Algún tiempo más tarde pensé que dos caballeros como mis amigos no podían hacer nada bueno fingiendo ser corresponsales; y si chantajeaban a una de esas pequeñas ratoneras que son los Estados de India Central o del sur de Rajputana, podían verse en serios apuros. Así que me tomé el trabajo de describírselos tan fielmente como fui capaz de recordar a quienes estarían interesados en deportarlos; y conseguí, según me informaron más tarde, que los hicieran volver de las fronteras de Degumber.

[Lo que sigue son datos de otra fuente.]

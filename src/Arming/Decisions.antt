-- ===== src/Arming/Decisions.antt =====
-- When a share may be stopped and when it may be armed, and what is left alone otherwise.
use kde_nasmount.Prelude.{
  Bool, true, not, ◌||◌, ◌++◌, ◌≡◌, ◌≢◌, ◌↔◌, ◌⊎◌, inl, inr, refl, arith, if◌then◌else◌,
}
use kde_nasmount.Qt.{Qt}
use kde_nasmount.Text.{Text, codes}
use kde_nasmount.Verify.Mountinfo.{MountState, VerificationState}
use kde_nasmount.Verify.Runtime.{AutomountState, ActivationTrust, RuntimeSnapshot, Numbers}
use kde_nasmount.Arming.{
  StopPrecheck, should_stop, StopResult, stopped, ArmPrecheck, ready_to_arm, Machine,
  is_indeterminate, evaluate_stop_precheck, evaluate_arm_precheck, runtime_of, stop_both, safe_stop,
}

-- A snapshot that allows a stop: the matching share is mounted, whatever the trust in an automount
-- that is active, or nothing is mounted and the trusted automount is active.
pub MayStop : RuntimeSnapshot → Type 0
MayStop snap =
    ((snap.mount ≡ MountState.present)
      × (snap.verification ≡ VerificationState.match_)
      × (snap.automount ≢ AutomountState.indeterminate))
    ⊎ ((snap.mount ≡ MountState.absent)
        × (snap.automount ≡ AutomountState.active)
        × (snap.activation_trust ≡ ActivationTrust.trusted))

-- The precheck of a stop says ShouldStop exactly when the matching share is mounted and the
-- automount's state is known, be the automount trusted or not, or nothing is mounted and the trusted
-- automount is active.
pub evaluate_stop_precheck_iff :
    (snap : RuntimeSnapshot) → (evaluate_stop_precheck snap ≡ should_stop) ↔ MayStop snap
unfolding evaluate_stop_precheck is_indeterminate MayStop
evaluate_stop_precheck_iff snap = ground arith

-- The precheck of arming says ReadyToArm exactly when nothing is mounted and the automount is
-- inactive, and AlreadyArmed exactly when nothing is mounted and the trusted automount is active.
pub evaluate_arm_precheck_iff :
    (snap : RuntimeSnapshot)
    → ((evaluate_arm_precheck snap ≡ ready_to_arm)
        ↔ ((snap.mount ≡ MountState.absent) × (snap.automount ≡ AutomountState.inactive)))
      × ((evaluate_arm_precheck snap ≡ ArmPrecheck.already_armed) ↔ (
          (snap.mount ≡ MountState.absent)
          × (snap.automount ≡ AutomountState.active)
          × (snap.activation_trust ≡ ActivationTrust.trusted)))
unfolding evaluate_arm_precheck is_indeterminate
evaluate_arm_precheck_iff snap = (ground arith, ground arith)

module _ {S : Type 0} (qt : Qt) (numbers : Numbers) (machine : Machine S) where
  -- What safeStop may have done: stopped both units in a runtime that allows it, with a success
  -- only when both commands succeeded, or nothing.
  pub SafelyStopped : (unit_name : Text) → RuntimeSnapshot → S → StopResult × S → Type 0
  SafelyStopped unit_name snap s (result, after) =
      (MayStop snap
        × (after
            ≡ (machine.stop (unit_name ++ codes ".automount")
                (machine.stop (unit_name ++ codes ".mount") s).1).1)
        × ((result ≡ stopped) ↔ (
            ((machine.stop (unit_name ++ codes ".mount") s).0 ≡ true)
            × ((machine.stop (unit_name ++ codes ".automount")
                  (machine.stop (unit_name ++ codes ".mount") s).1).0
                ≡ true))))
      ⊎ ((after ≡ s) × (result ≢ stopped) × (result ≢ StopResult.busy) × (MayStop snap → ⊥))

  stop_both_lem :
      (unit_name : Text) (s : S)
      → stop_both qt numbers machine unit_name s ≡ (
        if not (machine.stop (unit_name ++ codes ".mount") s).0
              || not
                  (machine.stop
                    (unit_name ++ codes ".automount")
                    (machine.stop (unit_name ++ codes ".mount") s).1).0
            then StopResult.busy
            else stopped,
        (machine.stop
            (unit_name ++ codes ".automount")
            (machine.stop (unit_name ++ codes ".mount") s).1).1,
      )
  unfolding stop_both
  stop_both_lem unit_name s = refl

  stopped_iff :
      (a b : Bool)
      → ((if not a || not b then StopResult.busy else stopped) ≡ stopped)
        ↔ ((a ≡ true) × (b ≡ true))
  stopped_iff a b = ground arith

  stop_of_precheck : StopPrecheck → Text → S → StopResult × S
  stop_of_precheck p unit_name s = elim p [
    | StopPrecheck.indeterminate ↦ (StopResult.indeterminate, s)
    | StopPrecheck.correlation_mismatch ↦ (StopResult.correlation_mismatch, s)
    | StopPrecheck.already_inactive ↦ (StopResult.already_inactive, s)
    | should_stop ↦ stop_both qt numbers machine unit_name s
  ]

  stop_of_precheck-SafelyStopped :
      (p : StopPrecheck) (unit_name : Text) (snap : RuntimeSnapshot) (s : S)
      → (p ≡ should_stop) ↔ MayStop snap
      → SafelyStopped unit_name snap s (stop_of_precheck p unit_name s)
  unfolding SafelyStopped stop_of_precheck
  stop_of_precheck-SafelyStopped StopPrecheck.indeterminate unit_name snap s h =
      inr (refl, (λ e. cc), (λ e. cc), λ m. (let e = h.1 m in cc))
  stop_of_precheck-SafelyStopped StopPrecheck.correlation_mismatch unit_name snap s h =
      inr (refl, (λ e. cc), (λ e. cc), λ m. (let e = h.1 m in cc))
  stop_of_precheck-SafelyStopped StopPrecheck.already_inactive unit_name snap s h =
      inr (refl, (λ e. cc), (λ e. cc), λ m. (let e = h.1 m in cc))
  stop_of_precheck-SafelyStopped should_stop unit_name snap s h =
      rw (stop_both_lem unit_name s) (inl (h.0 refl, refl, stopped_iff _ _))

  -- safeStop stops the two units, the mount first, only when the snapshot taken at its start
  -- allows a stop, which for a mounted matching share does not depend on whether the active automount
  -- is the recorded one, and reports Stopped exactly when both commands succeed; in every other runtime
  -- it leaves the machine as it is and reports neither Stopped nor Busy.
  pub safe_stop-SafelyStopped :
      (unit_name mount_point expected_what : Text) (s : S)
      → SafelyStopped unit_name
          (runtime_of qt numbers machine s unit_name mount_point expected_what)
          s
          (safe_stop qt numbers machine unit_name mount_point expected_what s)
  unfolding safe_stop stop_of_precheck
  safe_stop-SafelyStopped unit_name mount_point expected_what s =
      stop_of_precheck-SafelyStopped _ unit_name
        (runtime_of qt numbers machine s unit_name mount_point expected_what) s
        (evaluate_stop_precheck_iff _)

Pasó el tiempo y me convertí en una persona respetable y regresé a una oficina donde no había reyes, ni más incidentes que los derivados de la diaria elaboración del periódico. Una redacción parece atraer a cualquier tipo concebible de persona, en detrimento de la disciplina. Llega una dama de la misión de Zenana y le ruega al editor que abandone inmediatamente todas sus obligaciones para describir una cristiana entrega de premios en algún tugurio de un pueblo inaccesible; un coronel relevado del mando se sienta y esboza las ideas para una serie de diez, doce o veinticuatro artículos de primera plana sobre antigüedad versus selección; un misionero quiere saber por qué no le han permitido escapar de sus medios habituales para permitirle insultar y abusar de un hermano misionero en la sección editorial «Nosotros»; una compañía teatral sin recursos se presenta en pleno para explicar que en ese momento no puede pagar sus anuncios, pero que lo hará, con intereses, en cuanto vuelva de Nueva Zelanda o de Tahití; un inventor de máquinas para mover punkahs, de enganches para carruajes o de espadas irrompibles llama con los bolsillos llenos de presupuestos y horas a su disposición; entra una compañía de té y redacta sus folletos de propaganda con las plumas de la oficina; la secretaria de un comité de danza clama por ver descritas con más detalle las glorias de su último baile; aparece entre frufrú de sedas una extraña dama y dice: «Quiero que me imprima inmediatamente cien tarjetas de invitación, por favor», lo cual es, evidentemente, parte de las obligaciones de un editor; y todos los rufianes disolutos que hayan recorrido penosamente la Gran Carretera Principal alguna vez se empeñan en pedir trabajo como correctores de pruebas. Y la campanilla del teléfono no deja de sonar, enloquecida, y en el Continente asesinan a un rey y el Imperio dice: «Ahora reinarás tú», y el señor Gladstone echa azufre sobre los Dominios Británicos, y los pequeños copistas negros gimotean kaa pi chay-ha yeh (se busca material) como abejas cansadas, y la mayor parte del papel está tan vacío como el escudo de Mordred.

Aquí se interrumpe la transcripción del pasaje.